» WHAT THIS TASK INVOLVES
Examine the material below. Gather every line in which the string "abbrev" appears.

___ TASK INPUTS

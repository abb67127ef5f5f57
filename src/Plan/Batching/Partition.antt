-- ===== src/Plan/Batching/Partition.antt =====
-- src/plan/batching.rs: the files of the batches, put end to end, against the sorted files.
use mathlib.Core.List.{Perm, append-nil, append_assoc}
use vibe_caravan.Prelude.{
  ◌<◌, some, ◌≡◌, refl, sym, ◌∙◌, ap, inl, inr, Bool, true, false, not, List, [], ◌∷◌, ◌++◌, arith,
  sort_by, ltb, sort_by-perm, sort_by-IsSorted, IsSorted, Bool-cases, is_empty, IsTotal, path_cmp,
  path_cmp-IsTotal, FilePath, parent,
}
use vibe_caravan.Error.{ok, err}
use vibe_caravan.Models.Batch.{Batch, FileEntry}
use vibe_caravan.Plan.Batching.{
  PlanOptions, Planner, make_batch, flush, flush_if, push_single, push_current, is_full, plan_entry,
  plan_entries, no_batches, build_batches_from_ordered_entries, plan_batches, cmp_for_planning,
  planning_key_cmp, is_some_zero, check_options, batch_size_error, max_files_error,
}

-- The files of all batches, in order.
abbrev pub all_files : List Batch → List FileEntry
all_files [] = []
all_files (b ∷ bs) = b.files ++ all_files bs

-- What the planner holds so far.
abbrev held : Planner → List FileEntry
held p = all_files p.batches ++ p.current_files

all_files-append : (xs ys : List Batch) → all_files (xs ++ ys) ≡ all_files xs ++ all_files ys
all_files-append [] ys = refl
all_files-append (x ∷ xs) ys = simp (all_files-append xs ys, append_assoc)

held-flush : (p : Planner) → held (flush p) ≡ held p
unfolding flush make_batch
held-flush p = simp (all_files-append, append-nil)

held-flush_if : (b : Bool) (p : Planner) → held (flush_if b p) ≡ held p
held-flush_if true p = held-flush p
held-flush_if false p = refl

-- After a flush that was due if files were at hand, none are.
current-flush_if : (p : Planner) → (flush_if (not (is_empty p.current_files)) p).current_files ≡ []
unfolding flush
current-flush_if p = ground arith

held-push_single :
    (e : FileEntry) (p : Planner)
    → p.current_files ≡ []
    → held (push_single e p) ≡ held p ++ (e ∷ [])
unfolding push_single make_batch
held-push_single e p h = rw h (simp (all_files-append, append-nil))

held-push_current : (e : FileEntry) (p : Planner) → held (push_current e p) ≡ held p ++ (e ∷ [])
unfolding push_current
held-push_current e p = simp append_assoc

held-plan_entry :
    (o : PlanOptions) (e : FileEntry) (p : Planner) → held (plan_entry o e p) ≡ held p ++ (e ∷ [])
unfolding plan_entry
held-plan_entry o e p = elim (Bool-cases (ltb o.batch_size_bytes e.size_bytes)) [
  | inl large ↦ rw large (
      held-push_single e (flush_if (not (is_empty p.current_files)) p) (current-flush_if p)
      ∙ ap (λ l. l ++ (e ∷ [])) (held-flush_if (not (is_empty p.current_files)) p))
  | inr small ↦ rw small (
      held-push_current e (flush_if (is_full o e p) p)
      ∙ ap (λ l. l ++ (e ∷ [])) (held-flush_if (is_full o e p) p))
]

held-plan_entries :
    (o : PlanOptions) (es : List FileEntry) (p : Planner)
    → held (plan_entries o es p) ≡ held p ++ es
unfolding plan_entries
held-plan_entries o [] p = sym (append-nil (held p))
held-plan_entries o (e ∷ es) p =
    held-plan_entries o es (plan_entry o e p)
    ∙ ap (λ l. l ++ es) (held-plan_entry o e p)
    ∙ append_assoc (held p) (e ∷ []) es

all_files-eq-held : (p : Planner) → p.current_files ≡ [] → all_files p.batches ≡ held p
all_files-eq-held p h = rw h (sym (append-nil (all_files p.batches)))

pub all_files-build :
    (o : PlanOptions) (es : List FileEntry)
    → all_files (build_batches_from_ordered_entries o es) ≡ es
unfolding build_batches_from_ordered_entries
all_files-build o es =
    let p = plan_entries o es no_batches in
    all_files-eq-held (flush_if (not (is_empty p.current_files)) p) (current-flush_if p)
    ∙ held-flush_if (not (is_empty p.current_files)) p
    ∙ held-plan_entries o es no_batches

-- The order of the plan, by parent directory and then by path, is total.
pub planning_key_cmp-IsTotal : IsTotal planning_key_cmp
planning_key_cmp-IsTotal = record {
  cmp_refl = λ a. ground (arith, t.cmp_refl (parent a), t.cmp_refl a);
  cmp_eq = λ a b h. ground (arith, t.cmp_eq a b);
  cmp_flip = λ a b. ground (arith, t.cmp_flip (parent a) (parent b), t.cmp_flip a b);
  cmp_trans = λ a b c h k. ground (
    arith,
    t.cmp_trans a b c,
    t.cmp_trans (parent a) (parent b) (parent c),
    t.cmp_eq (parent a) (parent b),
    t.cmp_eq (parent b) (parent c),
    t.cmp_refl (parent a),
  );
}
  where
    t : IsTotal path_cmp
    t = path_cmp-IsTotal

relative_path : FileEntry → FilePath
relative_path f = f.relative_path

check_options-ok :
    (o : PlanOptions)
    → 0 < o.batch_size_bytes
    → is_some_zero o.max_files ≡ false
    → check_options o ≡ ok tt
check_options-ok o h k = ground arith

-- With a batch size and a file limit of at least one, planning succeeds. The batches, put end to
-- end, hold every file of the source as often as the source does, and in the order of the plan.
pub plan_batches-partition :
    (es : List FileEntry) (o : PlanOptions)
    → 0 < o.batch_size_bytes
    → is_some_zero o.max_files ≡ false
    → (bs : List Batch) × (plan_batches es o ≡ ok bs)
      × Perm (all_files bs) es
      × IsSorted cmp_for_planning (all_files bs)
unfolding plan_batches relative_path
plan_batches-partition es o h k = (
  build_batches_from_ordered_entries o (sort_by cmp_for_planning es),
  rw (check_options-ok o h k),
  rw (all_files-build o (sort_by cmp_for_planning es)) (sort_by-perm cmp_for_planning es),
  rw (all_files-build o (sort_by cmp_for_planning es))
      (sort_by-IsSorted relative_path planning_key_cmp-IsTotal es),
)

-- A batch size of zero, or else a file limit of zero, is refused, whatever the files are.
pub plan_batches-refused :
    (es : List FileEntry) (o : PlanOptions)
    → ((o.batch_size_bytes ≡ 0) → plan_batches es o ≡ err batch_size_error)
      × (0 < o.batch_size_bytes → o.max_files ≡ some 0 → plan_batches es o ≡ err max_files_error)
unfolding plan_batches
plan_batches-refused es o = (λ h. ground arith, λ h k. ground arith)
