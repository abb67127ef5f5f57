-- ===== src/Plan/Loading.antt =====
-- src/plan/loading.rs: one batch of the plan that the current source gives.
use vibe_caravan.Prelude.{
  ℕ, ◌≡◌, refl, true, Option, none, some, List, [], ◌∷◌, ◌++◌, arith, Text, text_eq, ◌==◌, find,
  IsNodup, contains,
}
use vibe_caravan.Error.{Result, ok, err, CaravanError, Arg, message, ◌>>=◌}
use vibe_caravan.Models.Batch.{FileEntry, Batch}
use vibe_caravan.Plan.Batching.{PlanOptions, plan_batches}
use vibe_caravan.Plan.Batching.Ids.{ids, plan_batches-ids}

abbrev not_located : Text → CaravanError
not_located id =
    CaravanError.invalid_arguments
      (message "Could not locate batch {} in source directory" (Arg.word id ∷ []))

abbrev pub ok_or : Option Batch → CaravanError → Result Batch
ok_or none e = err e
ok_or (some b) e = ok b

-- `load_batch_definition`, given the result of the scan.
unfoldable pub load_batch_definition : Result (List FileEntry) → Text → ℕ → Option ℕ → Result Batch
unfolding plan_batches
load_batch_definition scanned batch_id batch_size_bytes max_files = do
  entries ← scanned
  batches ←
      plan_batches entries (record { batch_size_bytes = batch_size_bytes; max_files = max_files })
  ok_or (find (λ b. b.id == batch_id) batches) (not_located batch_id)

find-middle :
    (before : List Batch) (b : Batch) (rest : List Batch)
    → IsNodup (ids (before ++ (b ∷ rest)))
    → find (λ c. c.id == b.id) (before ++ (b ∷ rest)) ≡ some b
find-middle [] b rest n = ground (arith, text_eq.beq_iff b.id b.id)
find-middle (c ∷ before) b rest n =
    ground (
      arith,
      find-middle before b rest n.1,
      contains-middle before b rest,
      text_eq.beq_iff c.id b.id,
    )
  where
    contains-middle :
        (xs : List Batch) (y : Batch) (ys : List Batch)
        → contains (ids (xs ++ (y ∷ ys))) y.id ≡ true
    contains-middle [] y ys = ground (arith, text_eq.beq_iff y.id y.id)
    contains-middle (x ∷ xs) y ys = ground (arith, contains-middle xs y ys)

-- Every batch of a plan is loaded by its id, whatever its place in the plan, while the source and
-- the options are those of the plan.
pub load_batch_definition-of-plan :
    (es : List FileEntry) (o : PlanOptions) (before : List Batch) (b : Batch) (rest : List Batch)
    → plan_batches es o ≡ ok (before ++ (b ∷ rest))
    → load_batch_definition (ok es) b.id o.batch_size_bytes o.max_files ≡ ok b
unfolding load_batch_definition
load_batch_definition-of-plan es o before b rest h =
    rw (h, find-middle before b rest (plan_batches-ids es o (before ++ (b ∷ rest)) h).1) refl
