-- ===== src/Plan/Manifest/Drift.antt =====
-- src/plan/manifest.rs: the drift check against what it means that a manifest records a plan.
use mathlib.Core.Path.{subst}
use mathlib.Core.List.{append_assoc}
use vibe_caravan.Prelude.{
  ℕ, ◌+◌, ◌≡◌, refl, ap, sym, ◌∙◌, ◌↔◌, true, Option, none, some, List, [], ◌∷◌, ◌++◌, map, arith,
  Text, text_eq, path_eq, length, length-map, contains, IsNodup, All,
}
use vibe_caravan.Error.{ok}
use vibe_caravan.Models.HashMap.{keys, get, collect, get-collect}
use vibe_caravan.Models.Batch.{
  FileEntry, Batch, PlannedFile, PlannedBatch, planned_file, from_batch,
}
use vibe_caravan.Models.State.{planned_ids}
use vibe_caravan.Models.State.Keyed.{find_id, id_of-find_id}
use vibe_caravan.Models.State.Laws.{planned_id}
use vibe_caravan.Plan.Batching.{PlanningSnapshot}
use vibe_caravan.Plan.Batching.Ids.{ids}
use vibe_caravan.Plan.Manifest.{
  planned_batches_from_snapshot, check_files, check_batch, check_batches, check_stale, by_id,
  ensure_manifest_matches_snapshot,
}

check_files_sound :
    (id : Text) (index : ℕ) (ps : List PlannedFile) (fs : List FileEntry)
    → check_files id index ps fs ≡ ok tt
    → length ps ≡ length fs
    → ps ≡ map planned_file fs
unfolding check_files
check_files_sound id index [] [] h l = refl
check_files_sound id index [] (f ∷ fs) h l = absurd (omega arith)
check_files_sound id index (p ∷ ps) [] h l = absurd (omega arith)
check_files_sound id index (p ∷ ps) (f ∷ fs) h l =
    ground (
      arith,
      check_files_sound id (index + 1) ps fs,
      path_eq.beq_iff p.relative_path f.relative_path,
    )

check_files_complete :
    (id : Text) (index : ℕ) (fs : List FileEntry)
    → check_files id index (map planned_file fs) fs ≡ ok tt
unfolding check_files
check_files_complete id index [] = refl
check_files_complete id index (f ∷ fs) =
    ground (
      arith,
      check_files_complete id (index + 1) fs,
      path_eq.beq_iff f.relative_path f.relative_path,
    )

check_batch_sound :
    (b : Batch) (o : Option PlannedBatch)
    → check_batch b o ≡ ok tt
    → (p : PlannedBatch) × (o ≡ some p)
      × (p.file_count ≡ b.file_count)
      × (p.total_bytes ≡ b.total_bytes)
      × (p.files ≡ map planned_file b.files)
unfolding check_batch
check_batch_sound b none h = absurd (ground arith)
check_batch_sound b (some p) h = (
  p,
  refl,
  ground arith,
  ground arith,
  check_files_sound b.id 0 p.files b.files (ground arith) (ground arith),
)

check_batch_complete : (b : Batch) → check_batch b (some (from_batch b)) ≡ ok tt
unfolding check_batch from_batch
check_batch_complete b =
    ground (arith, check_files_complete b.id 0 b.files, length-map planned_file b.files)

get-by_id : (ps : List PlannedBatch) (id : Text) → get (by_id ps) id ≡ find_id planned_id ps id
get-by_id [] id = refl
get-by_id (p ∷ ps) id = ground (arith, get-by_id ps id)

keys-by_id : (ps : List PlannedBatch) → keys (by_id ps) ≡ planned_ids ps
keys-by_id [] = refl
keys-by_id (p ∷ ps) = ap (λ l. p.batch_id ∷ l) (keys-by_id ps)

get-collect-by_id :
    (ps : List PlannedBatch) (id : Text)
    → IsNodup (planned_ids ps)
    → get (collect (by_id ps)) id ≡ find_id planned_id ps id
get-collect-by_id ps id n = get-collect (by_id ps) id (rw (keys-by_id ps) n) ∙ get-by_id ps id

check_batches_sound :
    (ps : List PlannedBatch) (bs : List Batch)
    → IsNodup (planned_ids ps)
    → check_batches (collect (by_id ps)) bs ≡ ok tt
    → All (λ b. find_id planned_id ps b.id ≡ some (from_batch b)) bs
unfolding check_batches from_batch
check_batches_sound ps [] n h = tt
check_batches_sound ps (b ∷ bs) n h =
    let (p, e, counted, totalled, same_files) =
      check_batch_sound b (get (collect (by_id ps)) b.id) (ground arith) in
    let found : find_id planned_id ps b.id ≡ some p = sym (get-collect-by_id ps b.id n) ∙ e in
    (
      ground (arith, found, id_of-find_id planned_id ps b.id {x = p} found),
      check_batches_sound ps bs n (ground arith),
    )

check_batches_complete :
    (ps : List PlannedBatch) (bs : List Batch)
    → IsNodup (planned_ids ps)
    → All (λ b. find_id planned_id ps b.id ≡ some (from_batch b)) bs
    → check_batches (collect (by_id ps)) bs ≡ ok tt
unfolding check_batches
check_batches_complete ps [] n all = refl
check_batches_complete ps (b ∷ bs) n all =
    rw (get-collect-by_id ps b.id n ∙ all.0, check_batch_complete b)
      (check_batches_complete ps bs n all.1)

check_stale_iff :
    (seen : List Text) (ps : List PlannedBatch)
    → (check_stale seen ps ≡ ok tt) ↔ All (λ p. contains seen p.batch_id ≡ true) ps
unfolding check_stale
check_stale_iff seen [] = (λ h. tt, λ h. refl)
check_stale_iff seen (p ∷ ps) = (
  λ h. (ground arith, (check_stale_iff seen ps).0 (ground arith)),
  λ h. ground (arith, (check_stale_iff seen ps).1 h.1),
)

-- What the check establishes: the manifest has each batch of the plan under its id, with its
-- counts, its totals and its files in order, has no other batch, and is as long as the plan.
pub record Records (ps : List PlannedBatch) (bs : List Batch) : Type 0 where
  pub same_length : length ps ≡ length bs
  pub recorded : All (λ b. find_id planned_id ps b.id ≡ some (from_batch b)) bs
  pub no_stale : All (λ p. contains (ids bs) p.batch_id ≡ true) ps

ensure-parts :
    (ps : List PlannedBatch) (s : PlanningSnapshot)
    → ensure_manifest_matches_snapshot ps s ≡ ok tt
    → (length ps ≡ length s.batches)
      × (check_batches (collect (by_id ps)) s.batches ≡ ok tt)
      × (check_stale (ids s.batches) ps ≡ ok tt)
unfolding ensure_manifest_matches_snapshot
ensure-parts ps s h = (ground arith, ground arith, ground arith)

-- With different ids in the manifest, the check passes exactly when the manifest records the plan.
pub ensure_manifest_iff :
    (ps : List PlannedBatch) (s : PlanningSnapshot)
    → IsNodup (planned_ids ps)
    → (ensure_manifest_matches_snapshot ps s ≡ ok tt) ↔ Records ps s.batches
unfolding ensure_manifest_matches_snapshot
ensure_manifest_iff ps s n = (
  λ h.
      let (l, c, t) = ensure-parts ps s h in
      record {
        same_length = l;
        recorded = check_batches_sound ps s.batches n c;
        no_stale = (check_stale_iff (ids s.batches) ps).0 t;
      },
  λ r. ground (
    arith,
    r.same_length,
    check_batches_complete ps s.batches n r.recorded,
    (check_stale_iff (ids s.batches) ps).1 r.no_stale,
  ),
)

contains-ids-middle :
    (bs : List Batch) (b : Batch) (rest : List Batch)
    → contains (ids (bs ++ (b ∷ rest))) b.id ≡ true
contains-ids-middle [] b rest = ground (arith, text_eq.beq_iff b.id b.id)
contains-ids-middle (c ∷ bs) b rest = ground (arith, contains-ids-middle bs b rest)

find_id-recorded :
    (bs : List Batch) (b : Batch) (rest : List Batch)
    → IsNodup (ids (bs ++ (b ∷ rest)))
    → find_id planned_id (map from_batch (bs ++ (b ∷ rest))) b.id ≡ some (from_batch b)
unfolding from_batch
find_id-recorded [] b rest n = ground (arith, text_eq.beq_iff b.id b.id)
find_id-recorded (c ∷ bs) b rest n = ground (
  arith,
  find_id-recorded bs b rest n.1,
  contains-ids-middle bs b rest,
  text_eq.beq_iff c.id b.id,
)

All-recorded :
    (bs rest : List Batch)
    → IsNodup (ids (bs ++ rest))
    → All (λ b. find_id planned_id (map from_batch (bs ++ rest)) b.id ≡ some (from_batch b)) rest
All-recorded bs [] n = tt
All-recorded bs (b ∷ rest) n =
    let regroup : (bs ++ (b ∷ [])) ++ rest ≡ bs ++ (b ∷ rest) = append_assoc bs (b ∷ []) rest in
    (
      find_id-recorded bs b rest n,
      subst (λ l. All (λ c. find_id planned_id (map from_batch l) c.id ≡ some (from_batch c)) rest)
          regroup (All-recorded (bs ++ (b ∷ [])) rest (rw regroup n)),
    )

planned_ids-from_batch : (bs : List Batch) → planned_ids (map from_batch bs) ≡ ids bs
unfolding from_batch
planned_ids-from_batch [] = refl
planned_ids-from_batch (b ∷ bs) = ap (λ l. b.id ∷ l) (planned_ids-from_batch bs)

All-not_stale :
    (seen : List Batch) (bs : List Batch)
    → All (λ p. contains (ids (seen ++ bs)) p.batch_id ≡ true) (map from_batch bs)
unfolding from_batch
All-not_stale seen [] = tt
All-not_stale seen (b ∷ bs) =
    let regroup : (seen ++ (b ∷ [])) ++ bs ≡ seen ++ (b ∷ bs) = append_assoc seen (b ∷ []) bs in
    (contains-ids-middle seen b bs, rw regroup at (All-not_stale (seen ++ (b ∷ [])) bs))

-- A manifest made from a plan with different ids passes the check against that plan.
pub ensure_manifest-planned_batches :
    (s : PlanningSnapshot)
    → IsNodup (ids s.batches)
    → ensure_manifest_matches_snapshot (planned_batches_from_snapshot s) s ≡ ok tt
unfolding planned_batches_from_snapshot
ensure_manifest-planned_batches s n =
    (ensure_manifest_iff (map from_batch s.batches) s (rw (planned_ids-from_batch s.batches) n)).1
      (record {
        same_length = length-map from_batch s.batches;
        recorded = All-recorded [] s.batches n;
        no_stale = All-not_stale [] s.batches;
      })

______

» ANSWER SECTION
abbrev pub all_files : List Batch → List FileEntry
abbrev held : Planner → List FileEntry
abbrev not_located : Text → CaravanError
abbrev pub ok_or : Option Batch → CaravanError → Result Batch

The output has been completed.